The Best Age for Desexing Dogs and Puppies

Having a pet is so much fun and it has lots of physical and mental benefits. Playing with a pet can reduce your stress, decrease blood pressure and make you feel more cheerful in general. If you own a puppy, you will also get a chance to get some physical activity as well. We are fully responsible for their well-being and have to be careful and precise about their dietary needs and medical therapies. One of the most common concerns of pet owners is desexing their animals and more specifically, the most appropriate time for it.

It is important to note that desexing your pet is a must. Researchers suggest that animals that have been desexed at the right time suffer from fewer health problems. Therefore, it can prevent your pet from serious illnesses. However, if you wonder about the appropriate time, you must know that desexing too early or late can cause problems, so we decided to help you with making the right decision. Firstly, we will discuss the problems your puppies can face if they are desexed too early or too late and continue with ways to find the best age for desexing.

Desexing Dogs Too Early

A lot of dog owners (especially those who have more than one dog) prefer to sterilize their puppies as soon as possible which can sometimes be too early. It is also true about animal camps where dogs are kept in large groups mainly to prevent an unwanted increase in their number. However, researchers have found that desexing your dog at a very young age (which can be defined as under 4 months) can have some negative mental and physical effects. It is said that dogs that have been sterilized before the age of puberty might suffer from behavioural problems such as depression or aggression.

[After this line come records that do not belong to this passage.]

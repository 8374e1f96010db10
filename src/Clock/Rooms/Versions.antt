-- ===== src/Clock/Rooms/Versions.antt =====
-- The versions of a room's states, and what a second evaluation with the same outcome does.
use clock_ha_orchestrator.Prelude.{
  ℕ, ◌+◌, ◌≡◌, refl, ap, ◌∙◌, ◌⊎◌, Bool, true, false, Option, none, some, ◌∷◌, String, is_some,
  if-holds, inl, inr, arith,
}
use clock_ha_orchestrator.Domain.Enums.{is_automatic, is_manual_override}
use clock_ha_orchestrator.Domain.Models.{HotelPolicy, DesiredRoomIntent, RoomStateEvaluation}
use clock_ha_orchestrator.Policy.Control.Rows.{latest_room_state}
use clock_ha_orchestrator.Persistence.Rows.{OverrideRow, RoomStateRow, Payload, pms_state}
use clock_ha_orchestrator.Persistence.Session.{Database, add_room_state}
use clock_ha_orchestrator.Clock.Rooms.{
  pms_state_payload, booking_row_id, SemanticState, semantic_state, same_hash, next_intent_version,
  persisted_intent_version, with_version, Recalculation,
}
use clock_ha_orchestrator.Clock.Rooms.Step.{
  state_row, publish, room_pms_state, count, end_inactive_override, publish_control, publish_intent,
  audit_attention, keep_state, store_state, settle_room,
}

-- The version of the latest state, and zero before the first.
abbrev pub version_of : Option RoomStateRow → ℕ
version_of none = 0
version_of (some s) = s.intent_version

persisted_lem :
    (intent : Option DesiredRoomIntent) (latest : Option RoomStateRow)
    → persisted_intent_version (with_version (next_intent_version latest) intent) latest
      ≡ version_of latest + count (is_some intent)
persisted_lem none none = refl
persisted_lem none (some s) = ground arith
persisted_lem (some i) none = refl
persisted_lem (some i) (some s) = refl

module _ (uuid : ℕ → ℕ) (serialize : Payload → String) (hash : SemanticState → String)
    (prefix : String) (policy : HotelPolicy) (now correlation_id property_id room_id : ℕ)
    (room_key : String) where
  abbrev ended : Option OverrideRow → RoomStateEvaluation → Database → Database × Bool
  ended latest state db =
      end_inactive_override uuid serialize hash prefix policy now correlation_id property_id room_id
        latest state db

  unfoldable pub settle :
      Option OverrideRow
      → RoomStateEvaluation
      → Option DesiredRoomIntent
      → Database
      → Database × Recalculation
  unfolding settle_room
  settle latest state intent db =
      settle_room uuid serialize hash prefix policy now correlation_id property_id room_id room_key
        latest state intent db

  ended-room_states :
      (latest : Option OverrideRow) (state : RoomStateEvaluation) (db : Database)
      → (ended latest state db).0.room_states ≡ db.room_states
  ended-room_states none state db = refl
  ended-room_states (some row) state db =
      if-holds {A = Database × Bool} (λ r. r.0.room_states ≡ db.room_states)
        (is_automatic row.control_mode) _ _ (λ _. refl)
        (λ _.
          if-holds {A = Database × Bool} (λ r. r.0.room_states ≡ db.room_states)
            (is_manual_override state.phase) _ _ (λ _. refl) (λ _. refl))

  control-room_states :
      (ends : Bool) (db : Database)
      → (publish_control uuid serialize hash prefix policy now correlation_id room_key ends
          db).room_states
        ≡ db.room_states
  unfolding publish_control
  control-room_states true db = refl
  control-room_states false db = refl

  intent-room_states :
      (intent : Option DesiredRoomIntent) (db : Database)
      → (publish_intent uuid serialize hash prefix policy now correlation_id room_key intent
          db).room_states
        ≡ db.room_states
  intent-room_states none db = refl
  intent-room_states (some i) db = refl

  attention-room_states :
      (flag : Bool) (booking : Option ℕ) (db : Database)
      → (audit_attention uuid serialize hash prefix policy now correlation_id flag property_id
          room_id booking db).room_states
        ≡ db.room_states
  attention-room_states true booking db = refl
  attention-room_states false booking db = refl

  -- The latest state of the room has what is hashed.
  abbrev pub Unchanged :
      RoomStateEvaluation → Option DesiredRoomIntent → Database → Database → Type 0
  Unchanged state intent before after =
      (same_hash (latest_room_state room_id before) (hash (semantic_state state intent)) ≡ true)
      × (after.room_states ≡ before.room_states)

  -- The latest state does not have what is hashed, and the room has a new state, whose version is
  -- the one after the latest if there is an intent.
  abbrev pub Advanced :
      RoomStateEvaluation → Option DesiredRoomIntent → Database → Database → Type 0
  Advanced state intent before after =
      (same_hash (latest_room_state room_id before) (hash (semantic_state state intent)) ≡ false)
      × (row : RoomStateRow) × (after.room_states ≡ row ∷ before.room_states)
      × (row.room_id ≡ room_id)
      × (row.created_at ≡ now)
      × (row.automation_phase ≡ state.phase)
      × (row.payload_hash ≡ hash (semantic_state state intent))
      × (row.intent_version
          ≡ version_of (latest_room_state room_id before) + count (is_some intent))

  abbrev new_state : RoomStateEvaluation → ℕ → String → Database → RoomStateRow
  new_state state version text db =
      state_row uuid serialize hash prefix policy now correlation_id room_id state
        (booking_row_id property_id state.booking db.bookings) version text (uuid db.drawn)

  store-room_states :
      (state : RoomStateEvaluation) (intent : Option DesiredRoomIntent) (version : ℕ)
      (text : String) (ends : Bool) (db : Database)
      → (store_state uuid serialize hash prefix policy now correlation_id property_id room_id
          room_key state intent version text ends db).0.room_states
        ≡ new_state state version text db ∷ db.room_states
  unfolding store_state
  store-room_states state intent version text ends db =
      let booking = booking_row_id property_id state.booking db.bookings in
      let stored =
        add_room_state uuid
          (state_row uuid serialize hash prefix policy now correlation_id room_id state booking
            version text)
          db in
      let pms =
        publish uuid serialize hash prefix policy now correlation_id
          (room_pms_state prefix room_key) (pms_state (pms_state_payload state correlation_id))
          stored in
      let announced =
        publish_intent uuid serialize hash prefix policy now correlation_id room_key intent pms in
      let published =
        publish_control uuid serialize hash prefix policy now correlation_id room_key ends
          announced in
      attention-room_states state.needs_attention booking published
      ∙ control-room_states ends announced
      ∙ intent-room_states intent pms

  store-Advanced :
      (state : RoomStateEvaluation) (intent : Option DesiredRoomIntent) (ends : Bool)
      (before db : Database)
      → same_hash (latest_room_state room_id before) (hash (semantic_state state intent)) ≡ false
      → db.room_states ≡ before.room_states
      → Advanced state intent before
          (store_state uuid serialize hash prefix policy now correlation_id property_id room_id
            room_key state
            (with_version (next_intent_version (latest_room_state room_id before)) intent)
            (persisted_intent_version
              (with_version (next_intent_version (latest_room_state room_id before)) intent)
              (latest_room_state room_id before))
            (hash (semantic_state state intent))
            ends
            db).0
  store-Advanced state intent ends before db d e =
      let latest = latest_room_state room_id before in
      let next = with_version (next_intent_version latest) intent in
      let version = persisted_intent_version next latest in
      let text = hash (semantic_state state intent) in
      (
        d,
        new_state state version text db,
        store-room_states state next version text ends db
            ∙ ap (λ l. new_state state version text db ∷ l) e,
        refl,
        refl,
        refl,
        refl,
        persisted_lem intent latest,
      )

  -- Settling a room either leaves the states as they were, and then the latest has the hash of the
  -- new evaluation, or adds one, and then the latest has another hash or there is none; the new state
  -- has the hash of the evaluation, and its version is one more than the latest's if it has an intent,
  -- and the latest's if not.
  pub settle_room-version :
      (latest : Option OverrideRow) (state : RoomStateEvaluation)
      (intent : Option DesiredRoomIntent) (db : Database)
      → Unchanged state intent db (settle latest state intent db).0
        ⊎ Advanced state intent db (settle latest state intent db).0
  unfolding settle settle_room keep_state
  settle_room-version latest state intent db =
      if-holds {A = Database × Recalculation}
        (λ r. Unchanged state intent db r.0 ⊎ Advanced state intent db r.0)
        (same_hash (latest_room_state room_id db) (hash (semantic_state state intent))) _ _
        (λ e. inl (
          e,
          control-room_states (ended latest state db).1 (ended latest state db).0
              ∙ ended-room_states latest state db,
        ))
        (λ d. inr (
          store-Advanced state intent (ended latest state db).1 db (ended latest state db).0 d
            (ended-room_states latest state db)))
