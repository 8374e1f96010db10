-- ===== src/Clock/Rooms/Idempotence.antt =====
-- A second evaluation of a room with the same outcome does nothing.
use clock_ha_orchestrator.Prelude.{
  ℕ, ◌<◌, ◌≡◌, refl, sym, ap, subst, ◌∙◌, ◌⊎◌, inl, inr, Bool, true, false, not, ◌&&◌, Option, none,
  some, String, if◌then◌else◌, eq_iff, ◌==◌, ==_iff, select, All, arith,
}
use clock_ha_orchestrator.Domain.Enums.{is_automatic, is_manual_override}
use clock_ha_orchestrator.Domain.Models.{HotelPolicy, DesiredRoomIntent, RoomStateEvaluation}
use clock_ha_orchestrator.Policy.Control.Rows.{latest_room_state}
use clock_ha_orchestrator.Persistence.Rows.{OverrideRow, RoomStateRow, Payload}
use clock_ha_orchestrator.Persistence.Session.{Database, newest}
use clock_ha_orchestrator.Persistence.Session.Queries.{newest_head}
use clock_ha_orchestrator.Clock.Rooms.{
  SemanticState, semantic_state, same_hash, with_version, next_intent_version,
  persisted_intent_version, nothing,
}
use clock_ha_orchestrator.Clock.Rooms.Step.{
  store_state, end_inactive_override, keep_state, publish_control, settle_room,
}
use clock_ha_orchestrator.Clock.Rooms.Versions.{settle, Unchanged, Advanced, settle_room-version}

-- Whether the scheduler returns the room to automatic.
abbrev pub has_ended : Option OverrideRow → RoomStateEvaluation → Bool
has_ended none state = false
has_ended (some row) state =
    not (is_automatic row.control_mode) && not (is_manual_override state.phase)

same_hash_refl :
    (o : Option RoomStateRow) (row : RoomStateRow) (h : String)
    → o ≡ some row
    → row.payload_hash ≡ h
    → same_hash o h ≡ true
same_hash_refl o row h e f = ap (λ x. same_hash x h) e ∙ (eq_iff row.payload_hash h).1 f

pick {ℓ} :
    {A : Type ℓ} (a b : Bool) (q r : A)
    → (not a && not b) ≡ false
    → (if a then q else if b then q else r) ≡ q
pick true b q r h = refl
pick false true q r h = refl
pick false false q r h = ground arith

module _ (uuid : ℕ → ℕ) (serialize : Payload → String) (hash : SemanticState → String)
    (prefix : String) (policy : HotelPolicy) (now correlation_id property_id room_id : ℕ)
    (room_key : String) (state : RoomStateEvaluation) (intent : Option DesiredRoomIntent) where
  quiet_end :
      (latest : Option OverrideRow) (db : Database)
      → has_ended latest state ≡ false
      → end_inactive_override uuid serialize hash prefix policy now correlation_id property_id
          room_id latest state db
        ≡ (db, false)
  quiet_end none db h = refl
  quiet_end (some row) db h =
      pick (is_automatic row.control_mode) (is_manual_override state.phase) (db, false) _ h

  settle_room-kept :
      (latest : Option OverrideRow) (db : Database)
      → same_hash (latest_room_state room_id db) (hash (semantic_state state intent)) ≡ true
      → has_ended latest state ≡ false
      → settle uuid serialize hash prefix policy now correlation_id property_id room_id room_key
          latest state intent db
        ≡ (db, nothing)
  unfolding settle settle_room keep_state publish_control
  settle_room-kept latest db e h =
      let before = latest_room_state room_id db in
      let text = hash (semantic_state state intent) in
      let ended =
        end_inactive_override uuid serialize hash prefix policy now correlation_id property_id
          room_id latest state db in
      let next = with_version (next_intent_version before) intent in
      ap
        (λ b.
          if b
          then keep_state uuid serialize hash prefix policy now correlation_id room_key ended.1
              ended.0
          else store_state uuid serialize hash prefix policy now correlation_id property_id room_id
              room_key state next (persisted_intent_version next before) text ended.1 ended.0)
        e
      ∙ ap (λ p. keep_state uuid serialize hash prefix policy now correlation_id room_key p.1 p.0)
          (quiet_end latest db h)

  hash_settled :
      (before after : Database)
      → All (λ s. s.created_at < now) before.room_states
      → Unchanged uuid serialize hash prefix policy now correlation_id property_id room_id room_key
          state intent before after
        ⊎ Advanced uuid serialize hash prefix policy now correlation_id property_id room_id room_key
            state intent before after
      → same_hash (latest_room_state room_id after) (hash (semantic_state state intent)) ≡ true
  unfolding latest_room_state
  hash_settled before after o (inl (e, k)) =
      subst
        (λ l.
          same_hash (newest (λ r. r.created_at) (λ r. r.id) (select (λ r. r.room_id == room_id) l))
            (hash (semantic_state state intent))
          ≡ true)
        (sym k) e
  hash_settled before after o (inr (d, row, k, r, t, p, h, v)) =
      same_hash_refl _ row _
        (ap (λ l. newest (λ r. r.created_at) (λ r. r.id) (select (λ r. r.room_id == room_id) l)) k
          ∙ newest_head (λ r. r.created_at) (λ r. r.id) (λ r. r.room_id == room_id) row
              before.room_states ((==_iff row.room_id room_id).1 r)
              (subst (λ n. All (λ s. s.created_at < n) before.room_states) (sym t) o))
        h

module _ (uuid : ℕ → ℕ) (serialize : Payload → String) (hash : SemanticState → String)
    (prefix : String) (policy : HotelPolicy) (now correlation_id property_id room_id : ℕ)
    (room_key : String) (state : RoomStateEvaluation) (intent : Option DesiredRoomIntent) where
  -- Settling a room a second time with the same evaluation and intent, at whatever time, does nothing
  -- and counts nothing, if every state before the first was older and no override is left to end.
  pub settle_room-again :
      (latest again : Option OverrideRow) (db : Database) (later other : ℕ)
      → All (λ s. s.created_at < now) db.room_states
      → has_ended again state ≡ false
      → settle uuid serialize hash prefix policy later other property_id room_id room_key again
          state intent
          (settle uuid serialize hash prefix policy now correlation_id property_id room_id room_key
            latest state intent db).0
        ≡ (
          (settle uuid serialize hash prefix policy now correlation_id property_id room_id room_key
              latest state intent db).0,
          nothing,
        )
  settle_room-again latest again db later other o h =
      let after =
        (settle uuid serialize hash prefix policy now correlation_id property_id room_id room_key
          latest state intent db).0 in
      settle_room-kept uuid serialize hash prefix policy later other property_id room_id room_key
        state intent again after
        (hash_settled uuid serialize hash prefix policy now correlation_id property_id room_id
          room_key state intent db after o
          (settle_room-version uuid serialize hash prefix policy now correlation_id property_id
            room_id room_key latest state intent db))
        h
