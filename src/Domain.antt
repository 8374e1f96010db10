-- ===== src/Domain.antt =====
-- The domain: app/domain/enums.py, app/domain/models.py and app/domain/state_machine.py.
pub mod Enums
pub mod Time
pub mod Temperature
pub mod Models
pub mod Registry
pub mod StateMachine
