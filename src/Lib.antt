-- ===== src/Lib.antt =====
-- network-programming-lab: a set of small network programs in C and C++, each a file with its own
-- `main`. They share no code but copies of helpers, so each is modelled by itself; a module is
-- named for what it models.
--
-- Each name of a source file is its path from the root of the repository.
--
-- Tftp models trivial-file-transfer-protocol.c. Wire has the constants, the packets, `send_error`
-- and the request that both transfers build in their buffer; Link has what `recvfrom` and `sendto`
-- exchange with the world, as events and as a record of what was sent; Get is `tftp_get` and Put is
-- `tftp_put`, each a state record, a step for one `recvfrom`, and a run over the events; Main is
-- the choice that `main` makes by its arguments. Transfer joins the two ends.
--
-- Url models the percent-encoding: `url_encode` of multithreading-http-server.c and `url_decode` of
-- np20.c.
--
-- HttpServer models the rest of multithreading-http-server.c. Page is the pattern of `snprintf`
-- calls by which `scan_directory` fills its buffer, Entries is `scan_directory`, and Answer is
-- `send_favicon`, `send_response` and `handle_client`. It uses Url for the links, Listing for the
-- order of the entries and Decimal for `%d`.
--
-- FileServer models np20.c. Output is `Append`, `CreateHTML` and `Send`; Reader is the loop that
-- receives a byte at a time, with what stands in memory behind its buffer as a parameter; Request
-- is what `ClientThread` makes of a request, Upload what it does for POST, Client the whole thread,
-- and Main the set-up and the loop of `main`, with the disk that the clients share; its child
-- Threads lets the threads take turns, one for each call of `recv` in an upload. Text has `strstr`,
-- and Scanf the words that `%s` reads, for both servers.
--
-- Telnet models multi-thread-telnet-simulation.c: the threads are places in `clientThread`, and a
-- list of turns, of which each lets one of them go on or a new client in, is an interleaving.
--
-- Chat models the three chat rooms: Threads is multithread-chatroom-server.cpp as a step relation
-- on the room and the threads, Processes is tcl-chatroom-server.cpp with the descriptors that are
-- open in the parent and with the signals, and Datagrams is multiple-client-udp-server.cpp.
--
-- FileShare models file-sharing-server-client.cpp: Streams is what `>>` reads off a
-- `std::istringstream`, Registry is `run_server` and the listing in `run_client`, and Transfer the
-- commands of `run_client`, the agreement of two clients on an address, and a file on its way, and
-- Client the two loops of `run_client`, with the ports at which the parent waits for answers;
-- Opening has the sockets of broadcasts and of the server.
--
-- Sockets models the programs that are one `main` and a socket: Greeter is simple-tcp-server.cpp,
-- Shell is simple-ssh-simulation.cpp, Echo is simple-udp-client-and-server.cpp, and Relay is
-- simple-netcat-client.cpp. Start has the calls that open a socket, as a list that ends where one
-- of them fails, and the other servers use it as well.
--
-- Pages models the page that scandir-usage.cpp and scandir-mo-rong.c write in a round, and those of
-- a session; Console models ex1.cpp, ex2.cpp and tao-ham-ghep-xau.cpp.
--
-- Listing has the comparators, `compare_entries` of multithreading-http-server.c and `Compare` of
-- np20.c, which scandir-mo-rong.c and scandir-usage.cpp repeat. Browser models scandir-mo-rong.c:
-- the path in the global `root` and the prompt in `main`. Strcmp and Decimal are `strcmp` and `%d`
-- of the C library; `qsort` is a parameter, `Sorter`, whose laws are what the library promises for
-- a comparator that is an order, and insertion sort shows that they can be met.
--
-- How the state corresponds: a buffer is the list of its bytes, with the old bytes behind those
-- that a datagram has overwritten; a text is the list of its bytes without the NUL; a machine
-- integer keeps its wrap-around written out; a file is the bytes that were handed to `fwrite` or
-- that `fread` will give. The socket layer, the file system and the clock are not code of this
-- repository: what they answer is an argument, a list of events or a flag for a call that may fail,
-- so every interleaving of datagrams, timeouts and errors, or of threads, is covered by the
-- statements that range over such lists. A write outside a buffer, or a read of it that the
-- language leaves undefined, is an outcome of its own (`faults`, `none`), never skipped.
--
-- The loops recur on the events, the texts or the files that they consume. A few run on fuel:
-- `Decimal.decimal` on one more than the number it prints, which is enough since a number has no
-- more digits than that; and `send_blocks`, `blocks`, `read_lines` and `joined` on the length of
-- the text they consume, of which each round takes at least a byte.
--
-- Not modelled: turns of other threads of np20.c inside a request that writes no file, what the
-- programs print as a log, what becomes of a call that fails where the code does not look, and
-- ftp-using-select.c and multi-thread-telnet-simulation.cpp, which are empty.
mod Prelude
pub mod Strcmp
pub mod Tftp
pub mod Scanf
pub mod Url
pub mod Browser
pub mod Listing
pub mod Decimal
pub mod HttpServer
pub mod FileServer
pub mod Telnet
pub mod Chat
pub mod FileShare
pub mod Sockets
pub mod Pages
pub mod Console
mod Tests
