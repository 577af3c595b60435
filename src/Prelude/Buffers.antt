-- ===== src/Prelude/Buffers.antt =====
-- Bytes, buffers of a fixed size, and the texts of the program as code points.
use Prim.Native.Char.{code}
use Prim.Native.Nat.{ℕ, ◌+◌, ◌≤◌, ◌<◌}
use Prim.Native.String.{String}
use mathlib.Core.List.{List, [], ◌∷◌, ◌++◌}
use mathlib.Core.Option.{Option, none, some}
use mathlib.Core.Path.{◌≡◌}
use native.Mathlib.Omega.{arith}
use network_programming_lab.Prelude.Lists.{
  length, take, drop, length-append, length-drop, take-append, drop-append,
}
use network_programming_lab.Prelude.Tests.{leb, if◌then◌else◌}

abbrev pub Bytes : Type 0
Bytes = List ℕ

-- The code points of an ASCII text.
abbrev pub codes : String → Bytes
codes String.[] = []
codes (String.◌∷◌ c s) = code c ∷ codes s

-- A predicate on every element.
abbrev pub All {ℓ κ} : {A : Type ℓ} → (A → Type κ) → List A → Type κ
All P [] = Unit
All P (x ∷ xs) = P x × All P xs

-- A buffer after its first bytes have been written over by `d`.
abbrev pub overlay : Bytes → Bytes → Bytes
overlay d buffer = d ++ drop (length d) buffer

pub length-overlay :
    (d buffer : Bytes) → length d ≤ length buffer → length (overlay d buffer) ≡ length buffer
length-overlay d buffer h =
    omega (arith, length-append d (drop (length d) buffer), length-drop (length d) buffer)

-- `strcpy`, `memcpy` or a store at an offset; `none` is a write past the end of the buffer.
unfoldable pub store : ℕ → Bytes → Bytes → Option Bytes
store at d buffer =
    if leb (at + length d) (length buffer)
    then some (take at buffer ++ overlay d (drop at buffer))
    else none

-- A buffer that is filled from the front: a store right behind what has been written, or past the
-- end.
module _ {at : ℕ} (front d rest : Bytes) (here : at ≡ length front) where
  pub store_behind :
      length d ≤ length rest → store at d (front ++ rest) ≡ some (front ++ overlay d rest)
  unfolding store
  store_behind h =
      rw (here, take-append front rest, drop-append front rest)
        (ground (arith, length-append front rest))

  pub store_past_end : length rest < length d → store at d (front ++ rest) ≡ none
  unfolding store
  store_past_end h = ground (arith, length-append front rest)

On the other hand, dogs that are neutered too early might face growth problems as well. It is said that small breed dogs’ growth process can stop at 6-month age while medium and large size dogs’ growth might continue until they are 12 months old and even older than a year. Dogs that have been sterilized before their growth process is complete have faced problems such as immature kidney and liver, retained baby teeth, and urinary incontinence, especially in female dogs. Researchers also believe that sterilizing too early can increase the risk of obesity, too.

Desexing Dogs Too Late

While we mentioned some of the disadvantages of desexing dogs too early, it never means postponing sterilization until it is too late is a good idea. Some pet owners may not take desexing seriously or feel hesitant about the right time until their dogs start misbehaving or facing medical conditions. It seems that the disadvantages of desexing dogs late can sometimes be more serious than doing it too early.

While some risks are higher in special breeds, it has been shown that late sterilization increases the risk of various cancers and tumours in both sexes, especially mammary and pyometra tumours in female dogs. In male dogs, late sterilization can lead to prostate disease and cancer. On the other hand, late desexing can end up in unwanted pregnancies and undesirable behaviours, especially in male dogs such as indoor urinating and dominant behaviours. These annoying behaviours might then turn into learned habits which will be difficult to break for dogs in the future and even after sterilization. In other words, just like early desexing, if your dog is sterilized too late, you have to face several mental and physical problems.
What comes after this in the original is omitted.